TL;DR

Apple Silicon devices are great. My MacStudio is powerful, and I have difficulty using all the available resources. The machine, for most of the workloads, is simply outstanding. The scenario for .NET development is twofold. On the one hand, .NET 6 (and onward) development works excellently on macOS and Apple Silicon. I’m a JetBrains Rider user; however, both Visual Studio Code and Visual Studio for Mac work great.

On the other hand, there is .NET Framework development. It requires a virtual machine, and I have a Parallels one. The virtual machine OS must be ARM which poses a set of limitations to developers—most of the .NET development tools for Windows don’t play nicely with an ARM architecture. Currently, the best option is to use Visual Studio 2022 Preview 2 (and onward), which comes with ARM support, and update the target framework to .NET 4.8.1. If that’s not possible, get ready to spend time troubleshooting subtle errors.

I’ve used a Dell Precision Tower 5810 workstation (8-core Xeon, 32GB of RAM, and 1TB SSD) for the last seven years, and Windows has been my primary OS for most of my career. I had an experience with macOS for a couple of years, around 2010.

I recently (April 2022) bought a MacStudio (M1 Ultra, 64GB of RAM, 1TB SSD).

This post intends to be a live blog, sharing my experience as a long-time Windows user and, more importantly, a .NET developer. I started with .NET development in 1999 with one of the first alpha releases.

Before getting into the nitty-gritty details of .NET development using an M1 chip and macOS, let me give you an overview of the hardware. I’m famous among my friends and colleagues for my diplomacy.

The MacStudio built-in audio quality is shit. I had never heard something so utterly inadequate. I should have expected it. During the presentation, Apple never mentioned the audio using their usual style, “The best XYZ feature of all times.” And so, there we go. Even for regular Zoom calls, you need external speakers or headphones.

Having six Thunderbolt ports on my model (four in the back and two in the front) is a huge bonus. Plugging in devices has never been so easy. Except if you want to plug in not-officially-supported USB-C screens.

I have two Dell 32” 4K screens (U3219Q) that claim to support DisplayPort over the USB-C connection. But things are not so easy. I’m not sure why, but external screens and projectors are almost always a source of pain with Apple machines.

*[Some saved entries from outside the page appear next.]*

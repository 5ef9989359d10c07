-- ===== src/WorkerProcess.antt =====
-- src/worker.ts: the process of the two workers, from its start to its end. `Worker.close` of
-- BullMQ takes no further job and returns when no job is in progress, as its documentation says,
-- and a promise that is rejected and not handled ends a process of Node with 1.
pub mod Shutdown
mod Tests
use property_platform_backen.Prelude.{ℕ, ◌+◌, ◌<◌, ◌≡◌, Bool, true, false, Option, none, some, suc}
use property_platform_backen.Effects.{Result, ok, err}
use property_platform_backen.Database.{World}
use property_platform_backen.Health.{verify_db_connection}

-- One of the workers: how many jobs it has in progress, and whether `close` was called and whether
-- it has returned.
pub record Worker : Type 0 where
  pub active : ℕ
  pub closing : Bool
  pub closed : Bool

-- The `concurrency` of the workers.
abbrev pub crm_concurrency : ℕ
crm_concurrency = 5

abbrev pub email_concurrency : ℕ
email_concurrency = 10

-- Both workers, whether SIGTERM or SIGINT has come, and the code of `process.exit`.
pub record Process : Type 0 where
  pub crm : Worker
  pub email : Worker
  pub was_signalled : Bool
  pub exit : Option ℕ

-- What happens to a worker.
pub data WorkerStep (concurrency : ℕ) (v : Worker) : Worker → Type 0 where
  take_job :
      v.closing ≡ false
      → v.active < concurrency
      → WorkerStep concurrency v (record v { active = v.active + 1 })
  finish_job : (n : ℕ) → v.active ≡ suc n → WorkerStep concurrency v (record v { active = n })
  return_close :
      v.closing ≡ true → v.active ≡ 0 → WorkerStep concurrency v (record v { closed = true })

abbrev pub close_worker : Worker → Worker
close_worker v = record v { closing = true }

-- What happens to a process that has not ended. `shutdown` calls `close` of both workers, and its
-- `Promise.all` returns when both have returned.
pub data Step (p : Process) : Process → Type 0 where
  crm_step : {v : Worker} → WorkerStep crm_concurrency p.crm v → Step p (record p { crm = v })
  email_step :
      {v : Worker} → WorkerStep email_concurrency p.email v → Step p (record p { email = v })
  signalled :
      Step p
        (record p { crm = close_worker p.crm; email = close_worker p.email; was_signalled = true })
  all_closed : p.crm.closed ≡ true → p.email.closed ≡ true → Step p (record p { exit = some 0 })
  close_rejected : p.crm.closing ≡ true → Step p (record p { exit = some 1 })

pub data Reaches (p : Process) : Process → Type 0 where
  here : Reaches p p
  next : {q r : Process} → Reaches p q → q.exit ≡ none → Step q r → Reaches p r

abbrev pub idle : Worker
idle = record { active = 0; closing = false; closed = false }

-- Both workers wait for jobs.
abbrev pub waiting_process : Process
waiting_process = record { crm = idle; email = idle; was_signalled = false; exit = none }

-- How `bootstrap` ends: the workers wait for jobs, or the process exits with 1.
abbrev started_workers : Result (Unit {0}) × World → Process × World
started_workers (ok u, w) = (waiting_process, w)
started_workers (err e, w) = (record waiting_process { exit = some 1 }, w)

unfoldable pub bootstrap : World → Process × World
bootstrap w = started_workers (verify_db_connection w)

The problem manifests itself at boot time. The screen is in standby mode, the machine starts, the screen wakes up and starts the USB-C handshaking process. But that happens too early, and the response from the Mac times out. The screen never retries and never connects. The “easy” workaround is disconnecting and reconnecting the USB-C cable, and the screen immediately starts working. However, if you’re using the screen as a USB hub, that causes a mess with USB devices connected to the screen. Dell forums are full of people complaining about this issue, so it’s not something new to the MacStudio, and it’s not easy to understand who to blame. Anyway, the definitive solution is to use a USB-C to DisplayPort cable. No more problems. The downside is that to use the screens as a USB hub, I had to connect them using the USB-A cable, which is fine because the MacStudio has two ports.

Enough talking about the hardware.

2022-04-15 - One week into using macOS and an M1 for .NET Development.

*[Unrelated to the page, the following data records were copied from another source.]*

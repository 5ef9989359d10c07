-- ===== src/WorkerProcess/Shutdown.antt =====
-- How the process of the workers ends.
use property_platform_backen.Prelude.{ℕ, zero, suc, ◌≤◌, ◌≡◌, refl, true, none, some, arith}
use property_platform_backen.WorkerProcess.{
  Worker, Process, crm_concurrency, email_concurrency, WorkerStep, take_job, finish_job,
  return_close, close_worker, Step, crm_step, email_step, signalled, all_closed, close_rejected,
  Reaches, here, next, idle, waiting_process,
}

-- A worker has no more jobs than it may, takes none that would be lost, and has none in progress
-- once `close` has returned.
pub record IsTidy (concurrency : ℕ) (v : Worker) : Type 0 where
  pub within : v.active ≤ concurrency
  pub drained : v.closed ≡ true → (v.closing ≡ true) × (v.active ≡ 0)

WorkerStep-IsTidy :
    (concurrency : ℕ) (v u : Worker)
    → WorkerStep concurrency v u
    → IsTidy concurrency v
    → IsTidy concurrency u
WorkerStep-IsTidy c v _ (take_job opened room) h = record {
  within = omega arith;
  drained = λ e. absurd (cc (opened, (h.drained e).0));
}
WorkerStep-IsTidy c v _ (finish_job n some_left) h = record {
  within = omega (arith, h.within);
  drained = λ e. ((h.drained e).0, omega (arith, (h.drained e).1));
}
WorkerStep-IsTidy c v _ (return_close shut empty) h = record {
  within = h.within;
  drained = λ e. (shut, empty);
}

close_worker-IsTidy : (c : ℕ) (v : Worker) → IsTidy c v → IsTidy c (close_worker v)
close_worker-IsTidy c v h = record { within = h.within; drained = λ e. (refl, (h.drained e).1) }

-- Both workers are tidy and closing once a signal has come, and the process has ended with 0 only
-- after both have closed.
pub record IsOrderly (p : Process) : Type 0 where
  pub crm_tidy : IsTidy crm_concurrency p.crm
  pub email_tidy : IsTidy email_concurrency p.email
  pub shut : p.was_signalled ≡ true → (p.crm.closing ≡ true) × (p.email.closing ≡ true)
  pub ended : p.exit ≡ some 0 → (p.crm.closed ≡ true) × (p.email.closed ≡ true)

WorkerStep-closing :
    (concurrency : ℕ) (v u : Worker)
    → WorkerStep concurrency v u
    → v.closing ≡ true
    → u.closing ≡ true
WorkerStep-closing c v _ (take_job opened room) h = h
WorkerStep-closing c v _ (finish_job n some_left) h = h
WorkerStep-closing c v _ (return_close shut empty) h = h

Step-IsOrderly : (p q : Process) → p.exit ≡ none → Step p q → IsOrderly p → IsOrderly q
Step-IsOrderly p _ running (crm_step {v} s) h = record {
  crm_tidy = WorkerStep-IsTidy crm_concurrency p.crm v s h.crm_tidy;
  email_tidy = h.email_tidy;
  shut = λ e. (WorkerStep-closing crm_concurrency p.crm v s (h.shut e).0, (h.shut e).1);
  ended = λ e. cc;
}
Step-IsOrderly p _ running (email_step {v} s) h = record {
  crm_tidy = h.crm_tidy;
  email_tidy = WorkerStep-IsTidy email_concurrency p.email v s h.email_tidy;
  shut = λ e. ((h.shut e).0, WorkerStep-closing email_concurrency p.email v s (h.shut e).1);
  ended = λ e. cc;
}
Step-IsOrderly p _ running signalled h = record {
  crm_tidy = close_worker-IsTidy crm_concurrency p.crm h.crm_tidy;
  email_tidy = close_worker-IsTidy email_concurrency p.email h.email_tidy;
  shut = λ e. (refl, refl);
  ended = h.ended;
}
Step-IsOrderly p _ running (all_closed c e) h = record {
  crm_tidy = h.crm_tidy;
  email_tidy = h.email_tidy;
  shut = h.shut;
  ended = λ _. (c, e);
}
Step-IsOrderly p _ running (close_rejected c) h = record {
  crm_tidy = h.crm_tidy;
  email_tidy = h.email_tidy;
  shut = h.shut;
  ended = λ e. cc;
}

Reaches-IsOrderly : (p q : Process) → Reaches p q → IsOrderly p → IsOrderly q
Reaches-IsOrderly p _ here h = h
Reaches-IsOrderly p q (next {q = m} run running s) h =
    Step-IsOrderly m q running s (Reaches-IsOrderly p m run h)

prepend : {p q r : Process} → p.exit ≡ none → Step p q → Reaches q r → Reaches p r
prepend running s here = next here running s
prepend running s (next run later t) = next (prepend running s run) later t

-- The CRM worker can finish its jobs and close.
crm_closes :
    (n : ℕ) (p : Process)
    → p.crm.active ≡ n
    → p.crm.closing ≡ true
    → p.exit ≡ none
    → (q : Process) × Reaches p q × (q.crm.closed ≡ true) × (q.email ≡ p.email) × (q.exit ≡ none)
crm_closes zero p empty shut running =
    (_, next here running (crm_step (return_close shut empty)), refl, refl, running)
crm_closes (suc n) p busy shut running =
    let (q, run, done, same, alive) =
      crm_closes n (record p { crm = record p.crm { active = n } }) refl shut running in
    (q, prepend running (crm_step (finish_job n busy)) run, done, same, alive)

-- So can the other.
email_closes :
    (n : ℕ) (p : Process)
    → p.email.active ≡ n
    → p.email.closing ≡ true
    → p.crm.closed ≡ true
    → p.exit ≡ none
    → (q : Process) × Reaches p q
      × (q.email.closed ≡ true)
      × (q.crm.closed ≡ true)
      × (q.exit ≡ none)
email_closes zero p empty shut other running =
    (_, next here running (email_step (return_close shut empty)), refl, other, running)
email_closes (suc n) p busy shut other running =
    let (q, run, done, same, alive) =
      email_closes n (record p { email = record p.email { active = n } }) refl shut other running in
    (q, prepend running (email_step (finish_job n busy)) run, done, same, alive)

Reaches-trans : (p q r : Process) → Reaches p q → Reaches q r → Reaches p r
Reaches-trans p q _ run here = run
Reaches-trans p q r run (next {q = m} more running s) =
    next (Reaches-trans p q m run more) running s

can_end :
    (p : Process)
    → p.exit ≡ none
    → p.crm.closing ≡ true
    → p.email.closing ≡ true
    → (q : Process) × Reaches p q × (q.exit ≡ some 0)
can_end p running shut shut' =
    let (q, run, crm_done, same, alive) = crm_closes p.crm.active p refl shut running in
    let (r, run', email_done, crm_done', alive') =
      email_closes q.email.active q refl (rw same shut') crm_done alive in
    (_, next (Reaches-trans p q r run run') alive' (all_closed crm_done' email_done), refl)

-- From its start on, the process works on at most five CRM jobs and ten emails at a time. When it
-- ends with 0, no job is in progress. And while it runs on after a signal, that end can be reached.
pub ends_drained :
    (q : Process)
    → Reaches waiting_process q
    → (q.crm.active ≤ 5)
      × (q.email.active ≤ 10)
      × (q.exit ≡ some 0 → (q.crm.active ≡ 0) × (q.email.active ≡ 0))
      × (q.exit ≡ none → q.was_signalled ≡ true → (r : Process) × Reaches q r × (r.exit ≡ some 0))
ends_drained q run =
    let idle_tidy : (c : ℕ) → IsTidy c idle =
      λ c. record { within = omega arith; drained = λ e. cc } in
    let h = Reaches-IsOrderly waiting_process q run (record {
      crm_tidy = idle_tidy crm_concurrency;
      email_tidy = idle_tidy email_concurrency;
      shut = λ e. cc;
      ended = λ e. cc;
    }) in
    (
      h.crm_tidy.within,
      h.email_tidy.within,
      λ e. ((h.crm_tidy.drained (h.ended e).0).1, (h.email_tidy.drained (h.ended e).1).1),
      λ running came. can_end q running (h.shut came).0 (h.shut came).1,
    )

Let’s start with the easy stuff. JetBrains Rider is a joy. .NET 6, runtime and SDK, are supported on ARM64. We can build and execute all .NET projects targeting .NET, including .NET Core. Obviously, except for WPF and Windows Forms projects. They require Windows anyway.

We can install .NET Core 3.1. There is support only for the x64 version. It’s not a big deal since it goes out of support soon.

Last but not least, VS Code works great. Its support for dockerized environments comes in handy.

Windows virtualization using Parallels

For everything else .NET Framework-related, we need a virtual machine or some way to use Windows. Forget about Bootcamp. It doesn’t exist and probably won’t ever exist for ARM.

I installed the trial version of Parallels. One caveat for using virtual machines on ARM hosts is that the virtualized operating system needs to be for ARM64. That might open issues in virtualizing Windows because there is an agreement between Microsoft and Qualcomm that might affect our ability to license Windows for ARM on non-Qualcomm hardware.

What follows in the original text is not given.